- **Work instructions**
Below are the records; give again exactly the line with "pub version : schema_version", the line with "IsMeasure x = (is_finite", and each line that lies between them, and nothing besides.

Collected data:
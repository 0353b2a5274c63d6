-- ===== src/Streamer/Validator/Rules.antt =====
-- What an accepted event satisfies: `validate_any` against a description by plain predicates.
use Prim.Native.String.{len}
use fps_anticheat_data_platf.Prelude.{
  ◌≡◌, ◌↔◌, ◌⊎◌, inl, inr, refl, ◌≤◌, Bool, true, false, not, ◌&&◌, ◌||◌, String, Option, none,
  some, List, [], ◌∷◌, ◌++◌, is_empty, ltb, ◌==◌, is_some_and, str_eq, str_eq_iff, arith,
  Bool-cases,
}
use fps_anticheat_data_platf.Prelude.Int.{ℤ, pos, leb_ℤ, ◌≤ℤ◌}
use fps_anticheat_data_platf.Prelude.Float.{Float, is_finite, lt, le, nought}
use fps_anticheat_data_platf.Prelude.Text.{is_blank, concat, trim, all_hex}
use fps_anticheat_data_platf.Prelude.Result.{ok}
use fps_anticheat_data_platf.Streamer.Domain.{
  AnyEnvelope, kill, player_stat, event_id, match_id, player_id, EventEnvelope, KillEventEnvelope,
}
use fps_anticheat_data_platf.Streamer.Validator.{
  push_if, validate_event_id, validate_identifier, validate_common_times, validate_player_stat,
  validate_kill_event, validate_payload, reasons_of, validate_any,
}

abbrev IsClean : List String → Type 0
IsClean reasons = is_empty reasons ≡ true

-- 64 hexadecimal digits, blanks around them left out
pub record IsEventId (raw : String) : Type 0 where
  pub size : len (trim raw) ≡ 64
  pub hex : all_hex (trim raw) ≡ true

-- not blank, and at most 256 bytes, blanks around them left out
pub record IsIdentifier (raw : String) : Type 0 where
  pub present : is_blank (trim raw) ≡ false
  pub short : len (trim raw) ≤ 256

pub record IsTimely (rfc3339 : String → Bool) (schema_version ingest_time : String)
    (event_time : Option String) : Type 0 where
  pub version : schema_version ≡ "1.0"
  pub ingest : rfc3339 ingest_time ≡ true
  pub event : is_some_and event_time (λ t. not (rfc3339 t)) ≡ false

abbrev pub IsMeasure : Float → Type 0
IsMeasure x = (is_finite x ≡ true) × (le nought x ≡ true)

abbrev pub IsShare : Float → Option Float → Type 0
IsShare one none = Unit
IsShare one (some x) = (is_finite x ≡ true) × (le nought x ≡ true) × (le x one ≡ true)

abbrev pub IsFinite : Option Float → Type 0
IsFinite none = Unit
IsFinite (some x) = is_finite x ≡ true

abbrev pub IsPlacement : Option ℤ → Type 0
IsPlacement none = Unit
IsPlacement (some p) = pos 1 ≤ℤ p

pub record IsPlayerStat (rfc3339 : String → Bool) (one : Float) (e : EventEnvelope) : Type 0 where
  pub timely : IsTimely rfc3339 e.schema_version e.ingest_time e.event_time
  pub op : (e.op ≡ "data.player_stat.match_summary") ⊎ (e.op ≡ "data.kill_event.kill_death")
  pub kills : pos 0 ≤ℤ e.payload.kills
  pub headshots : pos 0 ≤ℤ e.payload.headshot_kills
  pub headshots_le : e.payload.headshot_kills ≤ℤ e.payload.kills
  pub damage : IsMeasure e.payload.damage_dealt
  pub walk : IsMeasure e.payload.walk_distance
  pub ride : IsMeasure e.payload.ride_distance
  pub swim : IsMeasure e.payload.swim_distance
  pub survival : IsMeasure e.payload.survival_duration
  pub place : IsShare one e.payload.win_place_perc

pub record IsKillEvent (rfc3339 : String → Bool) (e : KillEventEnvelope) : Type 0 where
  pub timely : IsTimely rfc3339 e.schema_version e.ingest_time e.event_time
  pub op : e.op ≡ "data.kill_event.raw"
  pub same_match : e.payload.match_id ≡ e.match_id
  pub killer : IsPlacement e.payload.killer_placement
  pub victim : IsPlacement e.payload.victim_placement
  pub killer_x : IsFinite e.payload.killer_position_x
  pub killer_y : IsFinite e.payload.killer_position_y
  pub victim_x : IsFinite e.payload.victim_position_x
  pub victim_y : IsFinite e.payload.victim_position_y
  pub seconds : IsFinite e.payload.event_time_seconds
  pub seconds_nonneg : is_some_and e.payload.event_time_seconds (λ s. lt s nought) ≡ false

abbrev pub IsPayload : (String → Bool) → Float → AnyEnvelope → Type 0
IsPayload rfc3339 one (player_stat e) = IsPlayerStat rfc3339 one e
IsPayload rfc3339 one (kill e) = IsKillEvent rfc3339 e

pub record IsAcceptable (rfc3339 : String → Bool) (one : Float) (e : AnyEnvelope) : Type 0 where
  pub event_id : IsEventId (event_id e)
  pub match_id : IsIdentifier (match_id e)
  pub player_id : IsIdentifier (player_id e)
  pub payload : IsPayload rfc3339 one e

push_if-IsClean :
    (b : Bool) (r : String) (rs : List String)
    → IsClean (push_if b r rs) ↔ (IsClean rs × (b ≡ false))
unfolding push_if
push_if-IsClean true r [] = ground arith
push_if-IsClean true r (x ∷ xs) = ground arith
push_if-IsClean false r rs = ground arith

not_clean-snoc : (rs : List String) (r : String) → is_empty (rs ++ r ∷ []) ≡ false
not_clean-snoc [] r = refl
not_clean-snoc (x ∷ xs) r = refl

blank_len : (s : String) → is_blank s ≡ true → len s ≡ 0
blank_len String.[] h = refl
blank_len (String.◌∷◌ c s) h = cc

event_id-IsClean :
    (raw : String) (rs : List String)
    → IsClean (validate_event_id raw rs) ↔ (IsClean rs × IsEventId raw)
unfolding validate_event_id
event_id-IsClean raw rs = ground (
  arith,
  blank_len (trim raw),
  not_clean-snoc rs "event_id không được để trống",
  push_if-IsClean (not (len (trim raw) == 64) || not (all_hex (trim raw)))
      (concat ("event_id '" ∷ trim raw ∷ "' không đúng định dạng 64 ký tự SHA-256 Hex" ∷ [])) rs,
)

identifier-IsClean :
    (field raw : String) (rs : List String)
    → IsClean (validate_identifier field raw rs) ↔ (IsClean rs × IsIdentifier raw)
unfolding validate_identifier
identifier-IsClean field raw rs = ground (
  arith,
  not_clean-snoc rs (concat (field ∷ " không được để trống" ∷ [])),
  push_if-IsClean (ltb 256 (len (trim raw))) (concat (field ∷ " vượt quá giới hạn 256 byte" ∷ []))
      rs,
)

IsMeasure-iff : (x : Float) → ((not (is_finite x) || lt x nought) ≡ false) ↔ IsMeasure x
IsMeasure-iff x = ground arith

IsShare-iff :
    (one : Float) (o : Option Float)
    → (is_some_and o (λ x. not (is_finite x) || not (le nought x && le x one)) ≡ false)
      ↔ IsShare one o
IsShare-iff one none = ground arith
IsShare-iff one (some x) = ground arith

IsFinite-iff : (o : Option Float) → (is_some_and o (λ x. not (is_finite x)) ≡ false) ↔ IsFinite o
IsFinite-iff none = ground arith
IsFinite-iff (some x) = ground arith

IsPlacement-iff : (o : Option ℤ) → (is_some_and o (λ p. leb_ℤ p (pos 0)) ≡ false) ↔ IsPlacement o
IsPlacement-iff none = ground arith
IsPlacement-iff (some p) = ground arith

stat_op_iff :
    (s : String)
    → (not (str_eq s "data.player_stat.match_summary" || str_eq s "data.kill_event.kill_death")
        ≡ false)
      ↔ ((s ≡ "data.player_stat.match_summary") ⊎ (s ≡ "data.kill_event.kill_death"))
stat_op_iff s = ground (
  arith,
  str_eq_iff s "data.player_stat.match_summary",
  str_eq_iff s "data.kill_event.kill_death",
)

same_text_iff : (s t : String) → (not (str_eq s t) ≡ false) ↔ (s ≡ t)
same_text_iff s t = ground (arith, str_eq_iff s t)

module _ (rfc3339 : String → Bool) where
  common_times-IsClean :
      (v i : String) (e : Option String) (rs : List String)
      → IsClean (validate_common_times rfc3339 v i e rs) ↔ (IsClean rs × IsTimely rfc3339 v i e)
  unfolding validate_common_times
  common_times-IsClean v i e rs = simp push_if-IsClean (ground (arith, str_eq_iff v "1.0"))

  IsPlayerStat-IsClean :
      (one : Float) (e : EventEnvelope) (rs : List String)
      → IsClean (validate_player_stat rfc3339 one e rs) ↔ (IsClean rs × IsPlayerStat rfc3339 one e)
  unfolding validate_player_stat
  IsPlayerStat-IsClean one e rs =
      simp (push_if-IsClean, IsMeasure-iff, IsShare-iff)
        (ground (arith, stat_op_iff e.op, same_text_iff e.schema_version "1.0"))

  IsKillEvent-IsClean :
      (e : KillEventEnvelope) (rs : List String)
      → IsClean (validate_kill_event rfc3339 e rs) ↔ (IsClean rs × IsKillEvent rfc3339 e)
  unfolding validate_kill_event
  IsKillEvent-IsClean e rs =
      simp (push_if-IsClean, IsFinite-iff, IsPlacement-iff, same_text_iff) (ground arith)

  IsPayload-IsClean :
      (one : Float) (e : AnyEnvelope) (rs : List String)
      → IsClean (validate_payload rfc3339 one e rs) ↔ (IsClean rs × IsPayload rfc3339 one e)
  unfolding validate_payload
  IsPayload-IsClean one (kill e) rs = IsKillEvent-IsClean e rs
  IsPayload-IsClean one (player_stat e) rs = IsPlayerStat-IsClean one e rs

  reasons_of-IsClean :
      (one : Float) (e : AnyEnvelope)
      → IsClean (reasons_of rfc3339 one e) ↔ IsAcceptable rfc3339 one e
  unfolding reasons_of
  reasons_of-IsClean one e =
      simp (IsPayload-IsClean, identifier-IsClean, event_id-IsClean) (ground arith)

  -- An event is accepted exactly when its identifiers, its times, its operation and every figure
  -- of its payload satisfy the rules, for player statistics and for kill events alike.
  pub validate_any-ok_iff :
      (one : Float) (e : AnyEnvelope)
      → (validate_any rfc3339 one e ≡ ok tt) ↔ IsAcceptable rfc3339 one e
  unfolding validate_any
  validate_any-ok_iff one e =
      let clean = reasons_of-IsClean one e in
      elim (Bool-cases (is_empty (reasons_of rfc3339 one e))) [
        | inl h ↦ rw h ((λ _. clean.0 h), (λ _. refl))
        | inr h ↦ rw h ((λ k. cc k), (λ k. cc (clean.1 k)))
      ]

- **Answer to this task**
  pub version : schema_version ≡ "1.0"
  pub ingest : rfc3339 ingest_time ≡ true
  pub event : is_some_and event_time (λ t. not (rfc3339 t)) ≡ false

abbrev pub IsMeasure : Float → Type 0
IsMeasure x = (is_finite x ≡ true) × (le nought x ≡ true)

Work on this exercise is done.